# Material for the task
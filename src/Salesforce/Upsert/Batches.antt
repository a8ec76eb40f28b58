-- ===== src/Salesforce/Upsert/Batches.antt =====
-- The batches cut the records into pieces of the right size.
use automated_outreach_proto.Prelude.{
  ℕ, zero, suc, ◌+◌, ◌-◌, ◌*◌, ◌/◌, ◌≤◌, ◌<◌, ◌≡◌, refl, sym, ap, ◌∙◌, List, [], ◌∷◌, ◌++◌, arith,
  length, take, drop, flat_map, All,
}
use automated_outreach_proto.Salesforce.Upsert.{Record, slices, batches}

drop-all {ℓ} : {A : Type ℓ} (k : ℕ) (xs : List A) → length xs ≤ k → drop k xs ≡ []
drop-all zero [] h = refl
drop-all zero (x ∷ xs) h = absurd (omega arith)
drop-all (suc k) [] h = refl
drop-all (suc k) (x ∷ xs) h = drop-all k xs (omega arith)

drop-add {ℓ} : {A : Type ℓ} (s b : ℕ) (xs : List A) → drop (s + b) xs ≡ drop b (drop s xs)
drop-add zero b xs = let e : 0 + b ≡ b = omega arith in ap (λ k. drop k xs) e
drop-add (suc s) zero [] = let e : suc s + 0 ≡ suc s = omega arith in ap (λ k. drop k []) e
drop-add (suc s) (suc b) [] =
    let e : suc s + suc b ≡ suc (s + suc b) = omega arith in ap (λ k. drop k []) e
drop-add (suc s) b (x ∷ xs) =
    let e : suc s + b ≡ suc (s + b) = omega arith in ap (λ k. drop k (x ∷ xs)) e ∙ drop-add s b xs

take-drop {ℓ} : {A : Type ℓ} (b : ℕ) (ys : List A) → take b ys ++ drop b ys ≡ ys
take-drop zero ys = refl
take-drop (suc b) [] = refl
take-drop (suc b) (y ∷ ys) = ap (λ r. y ∷ r) (take-drop b ys)

length-drop_pos {ℓ} : {A : Type ℓ} (s : ℕ) (xs : List A) → s < length xs → 0 < length (drop s xs)
length-drop_pos zero xs h = h
length-drop_pos (suc s) [] h = absurd (omega arith)
length-drop_pos (suc s) (x ∷ xs) h = length-drop_pos s xs (omega arith)

length-take_pos {ℓ} :
    {A : Type ℓ} (b : ℕ) (ys : List A) → 0 < length ys → 0 < b → 0 < length (take b ys)
length-take_pos zero ys h k = k
length-take_pos (suc b) [] h k = h
length-take_pos (suc b) (y ∷ ys) h k = omega arith

length-take-le {ℓ} : {A : Type ℓ} (b : ℕ) (ys : List A) → length (take b ys) ≤ b
length-take-le zero ys = omega arith
length-take-le (suc b) [] = omega arith
length-take-le (suc b) (y ∷ ys) = omega (arith, length-take-le b ys)

-- The records of all batches, in order.
abbrev pub concat : List (List Record) → List Record
concat bs = flat_map (λ b. b) bs

concat-slices :
    (rounds start size : ℕ) (xs : List Record)
    → length xs ≤ start + rounds * size
    → concat (slices rounds start size xs) ≡ drop start xs
unfolding slices
concat-slices zero start size xs h = sym (drop-all start xs (grind arith))
concat-slices (suc rounds) start size xs h =
    let rest : concat (slices rounds (start + size) size xs) ≡ drop (start + size) xs =
      concat-slices rounds (start + size) size xs (grind arith) in
    rw (rest, drop-add start size xs) (take-drop size (drop start xs))

-- A batch has at least one record, and no more than the size.
abbrev pub IsBatch : ℕ → List Record → Type 0
IsBatch size b = (0 < length b) × (length b ≤ size)

slices-IsBatch :
    (rounds start size : ℕ) (xs : List Record)
    → 0 < size
    → start + rounds * size < length xs + size
    → All (IsBatch size) (slices rounds start size xs)
unfolding slices
slices-IsBatch zero start size xs p h = tt
slices-IsBatch (suc rounds) start size xs p h = (
  (
    length-take_pos size (drop start xs) (length-drop_pos start xs (grind arith)) p,
    length-take-le size (drop start xs),
  ),
  slices-IsBatch rounds (start + size) size xs p (grind arith),
)

module _ (size : ℕ) (records : List Record) (p : 0 < size) where
  rounds_enough : length records ≤ 0 + (length records + size - 1) / size * size
  rounds_enough = grind arith

  rounds_needed : 0 + (length records + size - 1) / size * size < length records + size
  rounds_needed = grind arith

  -- The batches hold every record once, in order.
  pub concat-batches : concat (batches size records) ≡ records
  unfolding batches
  concat-batches = concat-slices _ 0 size records rounds_enough

  pub batches-IsBatch : All (IsBatch size) (batches size records)
  unfolding batches
  batches-IsBatch = slices-IsBatch _ 0 size records p rounds_needed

# Exercise prompt
Leaving every word in place, output the whole listing above.

# Result
filename src/Salesforce/Upsert/Batches.antt
repository a8ec76eb40f28b58
-- ===== src/Salesforce/Upsert/Batches.antt =====
-- The batches cut the records into pieces of the right size.
use automated_outreach_proto.Prelude.{
  ℕ, zero, suc, ◌+◌, ◌-◌, ◌*◌, ◌/◌, ◌≤◌, ◌<◌, ◌≡◌, refl, sym, ap, ◌∙◌, List, [], ◌∷◌, ◌++◌, arith,
  length, take, drop, flat_map, All,
}
use automated_outreach_proto.Salesforce.Upsert.{Record, slices, batches}

drop-all {ℓ} : {A : Type ℓ} (k : ℕ) (xs : List A) → length xs ≤ k → drop k xs ≡ []
drop-all zero [] h = refl
drop-all zero (x ∷ xs) h = absurd (omega arith)
drop-all (suc k) [] h = refl
drop-all (suc k) (x ∷ xs) h = drop-all k xs (omega arith)

drop-add {ℓ} : {A : Type ℓ} (s b : ℕ) (xs : List A) → drop (s + b) xs ≡ drop b (drop s xs)
drop-add zero b xs = let e : 0 + b ≡ b = omega arith in ap (λ k. drop k xs) e
drop-add (suc s) zero [] = let e : suc s + 0 ≡ suc s = omega arith in ap (λ k. drop k []) e
drop-add (suc s) (suc b) [] =
    let e : suc s + suc b ≡ suc (s + suc b) = omega arith in ap (λ k. drop k []) e
drop-add (suc s) b (x ∷ xs) =
    let e : suc s + b ≡ suc (s + b) = omega arith in ap (λ k. drop k (x ∷ xs)) e ∙ drop-add s b xs

take-drop {ℓ} : {A : Type ℓ} (b : ℕ) (ys : List A) → take b ys ++ drop b ys ≡ ys
take-drop zero ys = refl
take-drop (suc b) [] = refl
take-drop (suc b) (y ∷ ys) = ap (λ r. y ∷ r) (take-drop b ys)

length-drop_pos {ℓ} : {A : Type ℓ} (s : ℕ) (xs : List A) → s < length xs → 0 < length (drop s xs)
length-drop_pos zero xs h = h
length-drop_pos (suc s) [] h = absurd (omega arith)
length-drop_pos (suc s) (x ∷ xs) h = length-drop_pos s xs (omega arith)

length-take_pos {ℓ} :
    {A : Type ℓ} (b : ℕ) (ys : List A) → 0 < length ys → 0 < b → 0 < length (take b ys)
length-take_pos zero ys h k = k
length-take_pos (suc b) [] h k = h
length-take_pos (suc b) (y ∷ ys) h k = omega arith

length-take-le {ℓ} : {A : Type ℓ} (b : ℕ) (ys : List A) → length (take b ys) ≤ b
length-take-le zero ys = omega arith
length-take-le (suc b) [] = omega arith
length-take-le (suc b) (y ∷ ys) = omega (arith, length-take-le b ys)

-- The records of all batches, in order.
abbrev pub concat : List (List Record) → List Record
concat bs = flat_map (λ b. b) bs

concat-slices :
    (rounds start size : ℕ) (xs : List Record)
    → length xs ≤ start + rounds * size
    → concat (slices rounds start size xs) ≡ drop start xs
unfolding slices
concat-slices zero start size xs h = sym (drop-all start xs (grind arith))
concat-slices (suc rounds) start size xs h =
    let rest : concat (slices rounds (start + size) size xs) ≡ drop (start + size) xs =
      concat-slices rounds (start + size) size xs (grind arith) in
    rw (rest, drop-add start size xs) (take-drop size (drop start xs))

-- A batch has at least one record, and no more than the size.
abbrev pub IsBatch : ℕ → List Record → Type 0
IsBatch size b = (0 < length b) × (length b ≤ size)

slices-IsBatch :
    (rounds start size : ℕ) (xs : List Record)
    → 0 < size
    → start + rounds * size < length xs + size
    → All (IsBatch size) (slices rounds start size xs)
unfolding slices
slices-IsBatch zero start size xs p h = tt
slices-IsBatch (suc rounds) start size xs p h = (
  (
    length-take_pos size (drop start xs) (length-drop_pos start xs (grind arith)) p,
    length-take-le size (drop start xs),
  ),
  slices-IsBatch rounds (start + size) size xs p (grind arith),
)

module _ (size : ℕ) (records : List Record) (p : 0 < size) where
  rounds_enough : length records ≤ 0 + (length records + size - 1) / size * size
  rounds_enough = grind arith

  rounds_needed : 0 + (length records + size - 1) / size * size < length records + size
  rounds_needed = grind arith

  -- The batches hold every record once, in order.
  pub concat-batches : concat (batches size records) ≡ records
  unfolding batches
  concat-batches = concat-slices _ 0 size records rounds_enough

  pub batches-IsBatch : All (IsBatch size) (batches size records)
  unfolding batches
  batches-IsBatch = slices-IsBatch _ 0 size records p rounds_needed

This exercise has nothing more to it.